Start of Input material
-- ===== src/Unwind/Table.antt =====
-- kernel/unwind.c: `unwind_init` and the search of the table of frame description entries.
use ultra.Prelude.{ℕ, zero, suc, ◌+◌, ◌-◌, ◌*◌, ◌/◌, ◌%◌, true, not, ltb, leb, ◌==◌, if◌then◌else◌}
use ultra.Unwind.Data.{
  Result, ok, error, fault, unfinished, ◌>>=◌, einval, max_errno, Image, EhData, UnwindState,
  Unwinder, eh_consume, eh_data_init,
}
use ultra.Unwind.Decode.{decode_value}
use ultra.Unwind.Parse.{get_reliable_pc, parse_fde}

-- A global that an error leaves half set is not read, since `g_unwinder_available` stays false.
unfoldable pub unwind_init : Image → Result Unwinder
unwind_init k = do
  let eh : EhData = record {
    cursor = k.eh_frame_hdr_begin;
    bytes_left = k.eh_frame_hdr_end - k.eh_frame_hdr_begin;
  }
  (version, eh) ← eh_consume k eh 1
  if not (version == 1) then error einval else do
    (eh_frame_ptr_encoding, eh) ← eh_consume k eh 1
    (fde_count_encoding, eh) ← eh_consume k eh 1
    (fde_table_encoding, eh) ← eh_consume k eh 1
    (value, eh) ← decode_value k eh eh_frame_ptr_encoding
    if not (k.eh_frame_begin == value) then error einval else do
      (num_fdes, eh) ← decode_value k eh fde_count_encoding
      let table = eh.cursor
      (value, eh) ← decode_value k eh fde_table_encoding
      ok (record {
        available = true;
        fde_binary_search_table = table;
        fde_table_encoding = fde_table_encoding;
        fde_table_entry_width = (eh.cursor - table) % 256 * 2 % 256;
        num_fdes = num_fdes;
      })

-- The address of the code of entry `i`, or that of its frame description entry.
unfoldable pub table_value : Image → Unwinder → ℕ → ℕ → Result (ℕ × EhData)
table_value k u cursor bytes_left =
    decode_value k (record { cursor = cursor; bytes_left = bytes_left }) u.fde_table_encoding

unfoldable pub find_fde_loop : Image → Unwinder → ℕ → ℕ → ℕ → ℕ → Result ℕ
find_fde_loop k u zero pc begin end = unfinished
find_fde_loop k u (suc fuel) pc begin end =
    let i = begin + (end - begin) / 2 in
    let upper = find_fde_loop k u fuel pc i end in
    let lower = find_fde_loop k u fuel pc begin i in
    if ltb 1 (end - begin)
    then (do
      (sym_addr, eh) ←
          table_value k u (u.fde_binary_search_table + i * u.fde_table_entry_width)
            u.fde_table_entry_width
      if leb sym_addr pc then upper else lower)
    else ok begin

-- `encode_error_ptr`: an error is returned as a pointer.
unfoldable pub encode_error_ptr : Result ℕ → Result ℕ
encode_error_ptr (ok pointer) = ok pointer
encode_error_ptr (error ret) = ok ret
encode_error_ptr fault = fault
encode_error_ptr unfinished = unfinished

-- Each round of the loop makes the range smaller.
unfoldable pub find_fde : Image → Unwinder → ℕ → Result ℕ
find_fde k u pc = encode_error_ptr (do
  begin ← find_fde_loop k u (u.num_fdes + 1) pc 0 u.num_fdes
  (fde_addr, eh) ←
      table_value k u
        (u.fde_binary_search_table + begin * u.fde_table_entry_width + u.fde_table_entry_width / 2)
        (u.fde_table_entry_width / 2)
  ok fde_addr)

-- `error_ptr` and `decode_error_ptr`: a null pointer is taken for an error that is 0.
unfoldable pub prepare_unwind_state : Image → Unwinder → UnwindState → Result UnwindState
prepare_unwind_state k u state = do
  pc ← get_reliable_pc state
  pret ← find_fde k u pc
  let parsed = (do fde ← eh_data_init k pret; parse_fde k state fde)
  if leb pret max_errno then (if pret == 0 then ok state else error pret) else parsed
End of Input material
Only the lines from the first line of the records through the line containing "fde_table_encoding = fde_table_encoding;" should be repeated, exactly as they appear.

-- ===== src/Unwind/Table.antt =====
-- kernel/unwind.c: `unwind_init` and the search of the table of frame description entries.
use ultra.Prelude.{ℕ, zero, suc, ◌+◌, ◌-◌, ◌*◌, ◌/◌, ◌%◌, true, not, ltb, leb, ◌==◌, if◌then◌else◌}
use ultra.Unwind.Data.{
  Result, ok, error, fault, unfinished, ◌>>=◌, einval, max_errno, Image, EhData, UnwindState,
  Unwinder, eh_consume, eh_data_init,
}
use ultra.Unwind.Decode.{decode_value}
use ultra.Unwind.Parse.{get_reliable_pc, parse_fde}

-- A global that an error leaves half set is not read, since `g_unwinder_available` stays false.
unfoldable pub unwind_init : Image → Result Unwinder
unwind_init k = do
  let eh : EhData = record {
    cursor = k.eh_frame_hdr_begin;
    bytes_left = k.eh_frame_hdr_end - k.eh_frame_hdr_begin;
  }
  (version, eh) ← eh_consume k eh 1
  if not (version == 1) then error einval else do
    (eh_frame_ptr_encoding, eh) ← eh_consume k eh 1
    (fde_count_encoding, eh) ← eh_consume k eh 1
    (fde_table_encoding, eh) ← eh_consume k eh 1
    (value, eh) ← decode_value k eh eh_frame_ptr_encoding
    if not (k.eh_frame_begin == value) then error einval else do
      (num_fdes, eh) ← decode_value k eh fde_count_encoding
      let table = eh.cursor
      (value, eh) ← decode_value k eh fde_table_encoding
      ok (record {
        available = true;
        fde_binary_search_table = table;
        fde_table_encoding = fde_table_encoding;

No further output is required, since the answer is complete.